Stored data:
========================================================================

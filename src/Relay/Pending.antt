-- ===== src/Relay/Pending.antt =====
-- pending.go. A channel has room for one message; a handler holds the channel that Register returned,
-- so removing the entry does not touch the channel itself.
use veyport.Base.{
  ◌≡◌, ◌≢◌, refl, Bool, true, false, not, Option, none, some, List, [], ◌∷◌, arith, if◌then◌else◌,
  is_some, find, select, update_where, ◌⊎◌, inl, inr, Bool-cases, Option-cases,
}
use veyport.Base.Text.{Text}
use veyport.Relay.Keys.{eq_text, eq_text_iff, make_key, make_key-injective, has_colon}

module _ {Message : Type 0} where
  -- The map `channels` holds a key and what its channel holds.
  abbrev pub for_key : Text → Text × Option Message → Bool
  for_key k (j, m) = eq_text j k

  unfoldable pub register :
      Text → Text → List (Text × Option Message) → List (Text × Option Message)
  register server_id request_id p =
      let key = make_key server_id request_id in (key, none) ∷ select (λ e. not (for_key key e)) p

  abbrev pub put : Message → Text × Option Message → Text × Option Message
  put msg (k, m) = (k, some msg)

  deliver_found :
      Text
      → Message
      → Option (Text × Option Message)
      → List (Text × Option Message)
      → Bool × List (Text × Option Message)
  deliver_found key msg none p = (false, p)
  deliver_found key msg (some (k, m)) p =
      if is_some m then (false, p) else (true, update_where (for_key key) (put msg) p)

  unfoldable pub deliver :
      Text → Text → Message → List (Text × Option Message) → Bool × List (Text × Option Message)
  unfolding deliver_found
  deliver server_id request_id msg p =
      let key = make_key server_id request_id in deliver_found key msg (find (for_key key) p) p

  unfoldable pub remove : Text → Text → List (Text × Option Message) → List (Text × Option Message)
  remove server_id request_id p = select (λ e. not (for_key (make_key server_id request_id) e)) p

  find-put :
      (k j : Text) (msg : Message) (p : List (Text × Option Message))
      → j ≢ k
      → find (for_key k) (update_where (for_key j) (put msg) p) ≡ find (for_key k) p
  unfolding find update_where
  find-put k j msg [] d = refl
  find-put k j msg ((i, m) ∷ p) d =
      ground (arith, find-put k j msg p d, eq_text_iff i k, eq_text_iff i j)

  deliver-states :
      (s r : Text) (msg : Message) (p : List (Text × Option Message))
      → ((deliver s r msg p).1 ≡ p)
        ⊎ ((deliver s r msg p).1 ≡ update_where (for_key (make_key s r)) (put msg) p)
  unfolding deliver
  deliver-states s r msg p = elim (Option-cases (find (for_key (make_key s r)) p)) [
    | inl missing ↦ inl (rw missing refl)
    | inr ((k, m), e) ↦ elim (Bool-cases (is_some m)) [
      | inl full ↦ inl (rw (e, full) refl)
      | inr empty ↦ inr (rw (e, empty) refl)
    ]
  ]

  -- A delivery for one server leaves what every request of another server waits for as it was, when
  -- no server id holds a colon.
  pub deliver_other :
      (s t r q : Text) (msg : Message) (p : List (Text × Option Message))
      → has_colon s ≡ false
      → has_colon t ≡ false
      → s ≢ t
      → find (for_key (make_key t q)) (deliver s r msg p).1 ≡ find (for_key (make_key t q)) p
  deliver_other s t r q msg p h k d = elim (deliver-states s r msg p) [
    | inl same ↦ rw same refl
    | inr e ↦ rw e (
        find-put (make_key t q) (make_key s r) msg p
          (λ same. d (make_key-injective s t r q h k same).0))
  ]
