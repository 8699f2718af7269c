-- ===== src/Session.antt =====
-- hub/internal/session/session.go and the session kinds and end reasons of
-- hub/internal/model/session.go: whether a session record is still usable.
pub mod Deadline
mod Examples
use Prim.Native.String.{String}
use text.Mathlib.Text.{◌==◌ as str_eq}
use veyport.Base.{Bool, true, false, ◌&&◌, not, Option, none, some, if◌then◌else◌, is_some}
use veyport.Base.Int.{ℤ, pos, ltb_ℤ, leb_ℤ}
use veyport.Base.Time.{Instant, Duration, before, add, sub}
use veyport.Lockout.Policy.{Policy}

abbrev pub kind_web : String
kind_web = "web"

abbrev pub kind_cli : String
kind_cli = "cli"

abbrev pub end_expired_idle : String
end_expired_idle = "expired_idle"

abbrev pub end_expired_absolute : String
end_expired_absolute = "expired_absolute"

pub record State : Type 0 where
  pub kind : String
  pub created_at : Instant
  pub last_seen_at : Instant
  pub expires_at : Option Instant
  pub ended_at : Option Instant

pub data Verdict : Type 0 where
  verdict_ok verdict_ended verdict_expired_idle verdict_expired_absolute : Verdict

-- Verdict.String; the default branch is never reached.
unfoldable pub verdict_name : Verdict → String
verdict_name verdict_ok = "ok"
verdict_name verdict_ended = "ended"
verdict_name verdict_expired_idle = end_expired_idle
verdict_name verdict_expired_absolute = end_expired_absolute

unfoldable pub idle_timeout : String → Policy → Duration
idle_timeout kind p = if str_eq kind kind_cli then p.cli_session_idle else p.session_idle

-- `st.ExpiresAt != nil && !now.Before(*st.ExpiresAt)`
unfoldable pub expired_at : Option Instant → Instant → Bool
expired_at none now = false
expired_at (some expiry) now = not (before now expiry)

unfoldable pub evaluate : State → Instant → Policy → Verdict
unfolding expired_at
evaluate st now p =
    let idle = idle_timeout st.kind p in
    if is_some st.ended_at
    then verdict_ended
    else if expired_at st.expires_at now
    then verdict_expired_absolute
    else if ltb_ℤ (pos 0) idle && ltb_ℤ idle (sub now st.last_seen_at)
    then verdict_expired_idle
    else verdict_ok

unfoldable pub idle_deadline : State → Policy → Option Instant
idle_deadline st p =
    let idle = idle_timeout st.kind p in
    if leb_ℤ idle (pos 0) then none else some (add st.last_seen_at idle)

abbrev pub msg_expired : String
msg_expired = "session expired — sign in again"

abbrev pub msg_ended : String
msg_ended = "session ended — sign in again"

unfoldable pub message : Verdict → String
message verdict_ended = msg_ended
message verdict_expired_idle = msg_expired
message verdict_expired_absolute = msg_expired
message verdict_ok = ""
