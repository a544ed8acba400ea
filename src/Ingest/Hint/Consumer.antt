-- ===== src/Ingest/Hint/Consumer.antt =====
-- hint.go: `NewHint`, `ConsumerName`, `consume` and `Run`. What NATS answers in one attempt is an
-- argument, and a duration is in nanoseconds.
use compliance_gateway.Common.{
  ℕ, ◌*◌, min, String, Bool, true, false, List, [], ◌∷◌, ◌++◌, str_eq, if◌then◌else◌, Result, ok,
  err, ◌>>=◌, ◌>>◌, require,
}
use compliance_gateway.Text.{Text, codes, itoa}
use compliance_gateway.Config.{Config, ChainConfig, Token}

pub data HintStatus : Type 0 where
  disabled degraded healthy : HintStatus  -- HintDisabled, HintDegraded, HintOK

pub data ConsumeErr : Type 0 where
  not_connected no_stream no_consumer nothing_configured connection_closed : ConsumeErr

-- `NewHint`
unfoldable pub new_status : Config → HintStatus
new_status cfg = if str_eq cfg.nats_url "" then disabled else degraded

-- A durable consumer: its name, and the subject that it filters.
pub record Consumer : Type 0 where
  pub durable : Text
  pub subject : Text

-- What NATS does in one attempt: whether it connects, gives JetStream, makes each consumer and runs
-- it, and whether the connection closes before the context ends.
pub record Nats : Type 0 where
  pub connects : Bool
  pub has_stream : Bool
  pub creates : Consumer → Bool
  pub consumes : Consumer → Bool
  pub closes : Bool

-- The consumers that run when the first error comes, if one does.
unfoldable pub start : Nats → List Consumer → Result ConsumeErr (List Consumer)
start nats [] = ok []
start nats (c ∷ cs) = do
  require (nats.creates c) no_consumer
  require (nats.consumes c) no_consumer
  rest ← start nats cs
  ok (c ∷ rest)

abbrev pub is_some_running : List Consumer → Bool
is_some_running [] = false
is_some_running (c ∷ cs) = true

abbrev pub second : ℕ
second = 1000000000

-- min(backoff*2, 30s)
unfoldable pub next_backoff : ℕ → ℕ
next_backoff backoff = min (backoff * 2) (30 * second)

-- What `Run` has done: the statuses that it set and the times it waited, the last ones first.
pub record RunState : Type 0 where
  pub status : HintStatus
  pub reported : List HintStatus
  pub backoff : ℕ
  pub waited : List ℕ

abbrev pub run_state : Config → RunState
run_state cfg = record { status = new_status cfg; reported = []; backoff = second; waited = [] }

-- While it waits the status is healthy; it returns when the connection closes or the context ends.
unfoldable pub waiting :
    Bool
    → HintStatus
    → Result ConsumeErr (List Consumer)
    → Result ConsumeErr (Unit {0}) × HintStatus
waiting closes status (err e) = (err e, status)
waiting closes status (ok running) = (if closes then err connection_closed else ok tt, healthy)

module _ (utf8 : String → Text) where
  -- `ConsumerName`
  unfoldable pub consumer_name : ℕ → String → Text
  consumer_name chain_id alias =
      codes "compliance-backend-" ++ (itoa chain_id ++ (codes "-" ++ utf8 alias))

  unfoldable pub consumer_of : ChainConfig → Token → Consumer
  unfolding consumer_name
  consumer_of ch t = record {
    durable = consumer_name ch.chain_id t.eventscale_alias;
    subject =
        codes "eventscale.events."
        ++ (utf8 ch.eventscale_network
            ++ (codes "." ++ (utf8 t.eventscale_alias ++ codes ".Transfer")));
  }

  unfoldable pub token_consumers : ChainConfig → List Token → List Consumer
  unfolding consumer_of
  token_consumers ch [] = []
  token_consumers ch (t ∷ ts) =
      let rest = token_consumers ch ts in
      if str_eq t.eventscale_alias "" then rest else consumer_of ch t ∷ rest

  -- The consumers of the configuration, in the order in which they are made.
  unfoldable pub consumers : List ChainConfig → List Consumer
  unfolding token_consumers
  consumers [] = []
  consumers (ch ∷ chs) =
      let rest = consumers chs in
      if str_eq ch.eventscale_network "" then rest else token_consumers ch ch.tokens ++ rest

  -- `consume` up to where it waits: the consumers that run.
  unfoldable pub started : Config → Nats → Result ConsumeErr (List Consumer)
  unfolding consumers start
  started cfg nats = do
    require nats.connects not_connected
    require nats.has_stream no_stream
    running ← start nats (consumers cfg.chains)
    require (is_some_running running) nothing_configured
    ok running

  -- `consume`: its error, and the status while it waits.
  unfoldable pub consume : Config → Nats → HintStatus → Result ConsumeErr (Unit {0}) × HintStatus
  unfolding started waiting
  consume cfg nats status = waiting nats.closes status (started cfg nats)

  -- One turn of the loop; the context may have ended when `consume` returns.
  unfoldable pub turn : Config → Nats → Bool → RunState → RunState
  unfolding consume next_backoff
  turn cfg nats ended s =
      let shown = (consume cfg nats s.status).1 in
      if ended
      then record s { status = degraded; reported = degraded ∷ shown ∷ s.reported }
      else record {
        status = degraded;
        reported = degraded ∷ shown ∷ s.reported;
        backoff = next_backoff s.backoff;
        waited = s.backoff ∷ s.waited;
      }

  -- The attempts until the context ends, each with whether it has ended when `consume` returns. After
  -- the last one it has ended while `Run` waited.
  unfoldable pub attempts : Config → List (Nats × Bool) → RunState → RunState
  unfolding turn
  attempts cfg [] s = s
  attempts cfg ((nats, ended) ∷ rest) s =
      let later = attempts cfg rest (turn cfg nats ended s) in
      if ended then turn cfg nats ended s else later

  -- `Run`
  unfoldable pub run : Config → List (Nats × Bool) → RunState
  unfolding attempts new_status
  run cfg ns = if str_eq cfg.nats_url "" then run_state cfg else attempts cfg ns (run_state cfg)
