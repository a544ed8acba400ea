-- ===== src/App.antt =====
-- compliance-backend/internal/app/app.go: what `Run` starts with, and `health`. What is outside the
-- program is a record; the goroutines that it starts are the steps of Api.Steps.
pub mod Started
pub mod Command
pub mod Imported
use compliance_gateway.Common.{
  ℕ, suc, ◌+◌, ◌-◌, ◌%◌, String, Bool, true, false, Option, none, some, List, [], ◌∷◌, ltb,
  if◌then◌else◌, Result, ok, err, ◌>>=◌, ◌>>◌, map_err, require,
}
use compliance_gateway.Text.{Text}
use compliance_gateway.Rat.{ℤ, pos, negsuc}
use compliance_gateway.Config.{Config, ChainConfig}
use compliance_gateway.Migrate.{Database, MigrateErr, Session, migrate}
use compliance_gateway.Decision.Signer.{
  Secp, SignerErr, load_file_signer, signer_address, sign_digest,
}
use compliance_gateway.Evidence.Jws.{Crypto, JwsSigner, signed, load_jws_signer, sign}
use compliance_gateway.Ingest.Hint.Consumer.{HintStatus}
use compliance_gateway.Pipeline.Env.{Env}

pub data StartErr : Type 0 where
  no_store bad_policy_key bad_evidence_key no_sanctions no_node no_listener : StartErr

-- The libraries, the database, the nodes and the network, as the start meets them.
pub record Outside (S : Type 0) : Type 0 where
  pub opens : Bool  -- pgxpool.New
  pub session : Session
  pub execute : Text → S → Option S
  pub secp : Secp
  pub crypto : Crypto
  pub sanctions_load : Bool  -- Sanctions.Load
  pub dials : String → Bool
  pub listens : Bool

abbrev pub policy_signature : Result SignerErr (List ℕ) → Option (List ℕ)
policy_signature (ok sig) = some sig
policy_signature (err e) = none

-- The pipeline with the keys that were loaded.
abbrev pub with_keys : {S : Type 0} → Outside S → Config → ℕ → JwsSigner → Env → Env
with_keys out cfg key evidence base = record base {
  config = cfg;
  policy_sign = λ h. policy_signature (sign_digest out.secp key h);
  policy_address = signer_address out.secp key;
  sign = λ payload. signed (sign out.crypto evidence payload);
  kid = evidence.kid;
}

unfoldable pub dial_all : {S : Type 0} → Outside S → List ChainConfig → Result StartErr (Unit {0})
dial_all out [] = ok tt
dial_all out (ch ∷ chs) = require (out.dials ch.rpc) no_node >> dial_all out chs

-- `Run` after the store was opened.
unfoldable pub wire : {S : Type 0} → Outside S → Config → Env → Result StartErr Env
unfolding dial_all
wire out cfg base = do
  key ←
      map_err (λ _. bad_policy_key) (load_file_signer out.secp (base.utf8 cfg.keys.policy_key_file))
  evidence ←
      map_err (λ _. bad_evidence_key)
        (load_jws_signer out.crypto (base.utf8 cfg.keys.evidence_key_file)
          (base.utf8 cfg.keys.evidence_kid))
  require out.sanctions_load no_sanctions
  dial_all out cfg.chains
  require out.listens no_listener
  ok (with_keys out cfg key evidence base)

abbrev pub after_open :
    {S : Type 0}
    → Database S × Option MigrateErr
    → Result StartErr Env
    → Database S × Result StartErr Env
after_open (db, none) r = (db, r)
after_open (db, some e) r = (db, err no_store)

-- `Run`, up to where it serves.
unfoldable pub run :
    {S : Type 0} → Outside S → Config → Env → Database S → Database S × Result StartErr Env
unfolding wire migrate
run out cfg base db =
    if out.opens
    then after_open (migrate out.session out.execute db) (wire out cfg base)
    else (db, err no_store)

-- `health`: the database, the hint, and how far each chain's cursor is behind its node's head.
pub record Health : Type 0 where
  pub db_ok : Bool
  pub hint : HintStatus
  pub lag : List (ℕ × Option ℤ)

-- int64(head) - int64(last)
unfoldable pub difference : ℕ → ℕ → ℤ
difference head last =
    let d = (head + 18446744073709551616 - last) % 18446744073709551616 in
    if ltb d 9223372036854775808 then pos d else negsuc (18446744073709551616 - d - 1)

-- There is no lag without an answer of the node, or without a cursor above 0.
unfoldable pub lag_of : Option ℕ → ℕ → Option ℤ
unfolding difference
lag_of none last = none
lag_of (some head) last = if ltb 0 last then some (difference head last) else none

unfoldable pub lags : (ℕ → Option ℕ) → (ℕ → ℕ) → List ChainConfig → List (ℕ × Option ℤ)
unfolding lag_of
lags heads cursors [] = []
lags heads cursors (ch ∷ chs) =
    (ch.chain_id, lag_of (heads ch.chain_id) (cursors ch.chain_id)) ∷ lags heads cursors chs

-- `health`, from the ping, the nodes' heads and the cursors; a cursor that is not there is 0.
unfoldable pub health : Bool → HintStatus → (ℕ → Option ℕ) → (ℕ → ℕ) → Config → Health
unfolding lags
health ping hint heads cursors cfg = record {
  db_ok = ping;
  hint = hint;
  lag = lags heads cursors cfg.chains;
}
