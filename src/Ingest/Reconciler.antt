-- ===== src/Ingest/Reconciler.antt =====
-- reconciler.go: `fetch`, `Step` and `Backfill`. What the node answers is a parameter of each call.
-- The statements of the database are taken to succeed, and block numbers to fit a bigint.
use compliance_gateway.Common.{
  ℕ, ◌+◌, ◌-◌, ◌%◌, min, Bool, true, false, ◌&&◌, ◌||◌, not, Option, none, some, List, [], ◌∷◌, leb,
  ltb, ◌==◌, if◌then◌else◌, Result, ok, err, ◌>>=◌, or_err,
}
use compliance_gateway.Ingest.{
  Deposit, Ingest, seen, orphaned, Payment, Cursor, Store, upsert_confirmed, update_all,
}

-- config.Chain, as far as the reconciler reads it.
pub record Chain : Type 0 where
  pub chain_id : ℕ
  pub confirmations : ℕ
  pub chunk : ℕ

pub record Log : Type 0 where
  pub address : ℕ
  pub topics : List ℕ
  pub content_length : ℕ  -- len(l.Data)
  pub content : ℕ  -- l.Data as a number
  pub block_number : ℕ
  pub block_hash : ℕ
  pub tx_hash : ℕ
  pub index : ℕ
  pub removed : Bool

pub record Header : Type 0 where
  pub hash : ℕ
  pub time : ℕ

-- What the node answers in one step: the head, the logs of a range, and headers by number.
pub record Node : Type 0 where
  pub block_number : Option ℕ
  pub filter_logs : ℕ → ℕ → Option (List Log)
  pub header_by_number : ℕ → Option Header

pub data Err : Type 0 where
  no_head no_logs no_header block_changed bad_from_block : Err

abbrev pub u64 : ℕ → ℕ
u64 n = n % 18446744073709551616

-- An address is the low 20 bytes of a topic.
abbrev pub to_address : ℕ → ℕ
to_address t = t % 1461501637330902918203684832716283019655932542976

deposit_of : Chain → Log → Header → ℕ → ℕ → Deposit
deposit_of ch l h payer to = record {
  chain_id = ch.chain_id;
  tx_hash = l.tx_hash;
  log_index = l.index;
  block_number = l.block_number;
  block_hash = l.block_hash;
  block_time = h.time;
  token = l.address;
  payer = to_address payer;
  to = to_address to;
  amount = l.content;
}

-- A log of three topics and one word that was not removed, with its payer and recipient.
transfer_of : Log → Option (ℕ × ℕ)
transfer_of l = elim l.topics [
  | _ ∷ payer ∷ to ∷ [] ↦
      if l.removed || not (l.content_length == 32) then none else some (payer, to)
  | _ ↦ none
]

-- The loop of `fetch`. The cache of headers does not change what a header is.
unfoldable pub read_logs : Chain → (ℕ → Option Header) → List Log → Result Err (List Deposit)
unfolding deposit_of transfer_of
read_logs ch header [] = ok []
read_logs ch header (l ∷ ls) =
    let rest = read_logs ch header ls in
    elim (transfer_of l) [
      | none ↦ rest
      | some (payer, to) ↦ elim (header l.block_number) [
        | none ↦ err no_header
        | some h ↦
            if h.hash == l.block_hash
            then rest >>= (λ ds. ok (deposit_of ch l h payer to ∷ ds))
            else err block_changed
      ]
    ]

unfoldable pub fetch : Chain → Node → ℕ → ℕ → Result Err (List Deposit)
unfolding read_logs
fetch ch node from to =
    or_err no_logs (node.filter_logs from to) >>= λ logs. read_logs ch node.header_by_number logs

abbrev pub is_seen : Ingest → Bool
is_seen seen = true
is_seen _ = false

-- The hints of a reconciled range that it did not confirm.
abbrev pub orphan : ℕ → ℕ → ℕ → Payment → Payment
orphan chain from to p =
    if p.deposit.chain_id == chain
      && (is_seen p.ingest && (leb from p.deposit.block_number && leb p.deposit.block_number to))
    then record p { ingest = orphaned }
    else p

abbrev pub set_cursor : ℕ → Cursor → (ℕ → Option Cursor) → ℕ → Option Cursor
set_cursor chain c cursors i = if i == chain then some c else cursors i

-- INSERT INTO chain_cursor … ON CONFLICT DO NOTHING
abbrev pub open_cursor : ℕ → ℕ → Option Cursor → Cursor
open_cursor chain safe none = record { last_reconciled = safe; backfill_until = 0 }
open_cursor chain safe (some c) = c

abbrev pub first_block : Cursor → ℕ
first_block c = u64 (c.last_reconciled + 1)

abbrev pub last_block : Chain → ℕ → ℕ → ℕ
last_block ch safe from = min safe (u64 (from + ch.chunk + 18446744073709551615))

module _ (payment_id : ℕ → ℕ → ℕ → ℕ) where
  unfoldable pub confirm_all : ℕ → List Deposit → List (ℕ × Payment) → List (ℕ × Payment)
  unfolding upsert_confirmed
  confirm_all until [] ps = ps
  confirm_all until (d ∷ ds) ps =
      confirm_all until ds (upsert_confirmed payment_id d (leb d.block_number until) ps)

  -- The transaction over one fetched range.
  unfoldable pub reconcile_range : Chain → Cursor → ℕ → ℕ → List Deposit → Store → Store
  unfolding confirm_all update_all
  reconcile_range ch c from to deposits st = record {
    payments =
        update_all (orphan ch.chain_id from to) (confirm_all c.backfill_until deposits st.payments);
    cursors = set_cursor ch.chain_id (record c { last_reconciled = to }) st.cursors;
  }

  -- From the cursor on: one range [last+1, min(safe, last+chunk)], if there is one.
  unfoldable pub step_from : Chain → Node → ℕ → Cursor → Store → Store × Result Err Bool
  unfolding fetch reconcile_range
  step_from ch node safe c st =
      let from = first_block c in
      let to = last_block ch safe from in
      if ltb safe from then (st, ok false) else elim (fetch ch node from to) [
        | err e ↦ (st, err e)
        | ok deposits ↦ (reconcile_range ch c from to deposits st, ok (ltb to safe))
      ]

  -- `Step`
  unfoldable pub step : Chain → Node → Store → Store × Result Err Bool
  unfolding step_from
  step ch node st = elim node.block_number [
    | none ↦ (st, err no_head)
    | some head ↦
        if ltb head ch.confirmations
        then (st, ok false)
        else let safe = head - ch.confirmations in
          let c = open_cursor ch.chain_id safe (st.cursors ch.chain_id) in
          step_from ch node safe c (record st { cursors = set_cursor ch.chain_id c st.cursors })
  ]

  -- `Backfill`
  unfoldable pub backfill : Chain → Node → ℕ → Store → Store × Result Err ℕ
  backfill ch node from_block st = elim node.block_number [
    | none ↦ (st, err no_head)
    | some head ↦
        if ltb head ch.confirmations || from_block == 0
        then (st, err bad_from_block)
        else let until = head - ch.confirmations in
          (
            record st {
              cursors =
                  set_cursor ch.chain_id
                    (record { last_reconciled = from_block - 1; backfill_until = until })
                    st.cursors;
            },
            ok until,
          )
  ]
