-- ===== src/App/Command.antt =====
-- compliance-backend/cmd/compliance-backend/main.go: the commands `backfill` and `ruleset-hash`. Flags,
-- files and the configuration file are read before; the connection and the node are arguments.
use compliance_gateway.Common.{
  ℕ, String, Bool, Option, none, some, if◌then◌else◌, Result, ok, err, ◌>>=◌, or_err,
}
use compliance_gateway.Text.{Text}
use compliance_gateway.Config.{Config, ChainConfig, chain_by_id}
use compliance_gateway.Ingest.{Store}
use compliance_gateway.Ingest.Reconciler.{Chain, Node, Err, backfill}
use compliance_gateway.Rules.Parse.{parse}
use compliance_gateway.Pipeline.Env.{Env}

pub data CommandErr : Type 0 where
  not_configured no_store no_node bad_ruleset : CommandErr
  not_set : Err → CommandErr

-- The chain as the reconciler reads it.
abbrev pub chain_of : ChainConfig → Chain
chain_of ch = record { chain_id = ch.chain_id; confirmations = ch.confirmations; chunk = ch.chunk }

abbrev pub command_result : Store × Result Err ℕ → Store × Result CommandErr ℕ
command_result (st, ok until) = (st, ok until)
command_result (st, err e) = (st, err (not_set e))

-- `backfill`: the block up to which payments are marked as reconstructed.
unfoldable pub backfill_command :
    (ℕ → ℕ → ℕ → ℕ)
    → Config
    → Bool
    → (String → Option Node)
    → ℕ
    → ℕ
    → Store
    → Store × Result CommandErr ℕ
unfolding chain_by_id backfill
backfill_command payment_id cfg opens dial chain_id from st =
    elim (chain_by_id chain_id cfg.chains) [
      | none ↦ (st, err not_configured)
      | some ch ↦
          if opens
          then (elim (dial ch.rpc) [
            | none ↦ (st, err no_node)
            | some node ↦ command_result (backfill payment_id (chain_of ch) node from st)
          ])
          else (st, err no_store)
    ]

-- `rulesetHash`: the version and the hash that are printed.
unfoldable pub ruleset_hash : Env → Text → Result CommandErr (Text × Text)
unfolding parse
ruleset_hash env raw = do
  p ← or_err bad_ruleset (parse env.decode_ruleset env.decode env.set_string env.sha raw)
  ok (env.utf8 p.rules.version, p.hash)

========================================================================

Please reproduce exactly the lines above, beginning with the first and ending with the line that contains "deliver server_id request_id", and include nothing outside that range.

filename src/Relay/Pending.antt
-- ===== src/Relay/Pending.antt =====
-- pending.go. A channel has room for one message; a handler holds the channel that Register returned,
-- so removing the entry does not touch the channel itself.
use veyport.Base.{
  ◌≡◌, ◌≢◌, refl, Bool, true, false, not, Option, none, some, List, [], ◌∷◌, arith, if◌then◌else◌,
  is_some, find, select, update_where, ◌⊎◌, inl, inr, Bool-cases, Option-cases,
}
use veyport.Base.Text.{Text}
use veyport.Relay.Keys.{eq_text, eq_text_iff, make_key, make_key-injective, has_colon}

module _ {Message : Type 0} where
  -- The map `channels` holds a key and what its channel holds.
  abbrev pub for_key : Text → Text × Option Message → Bool
  for_key k (j, m) = eq_text j k

  unfoldable pub register :
      Text → Text → List (Text × Option Message) → List (Text × Option Message)
  register server_id request_id p =
      let key = make_key server_id request_id in (key, none) ∷ select (λ e. not (for_key key e)) p

  abbrev pub put : Message → Text × Option Message → Text × Option Message
  put msg (k, m) = (k, some msg)

  deliver_found :
      Text
      → Message
      → Option (Text × Option Message)
      → List (Text × Option Message)
      → Bool × List (Text × Option Message)
  deliver_found key msg none p = (false, p)
  deliver_found key msg (some (k, m)) p =
      if is_some m then (false, p) else (true, update_where (for_key key) (put msg) p)

  unfoldable pub deliver :
      Text → Text → Message → List (Text × Option Message) → Bool × List (Text × Option Message)
  unfolding deliver_found
  deliver server_id request_id msg p =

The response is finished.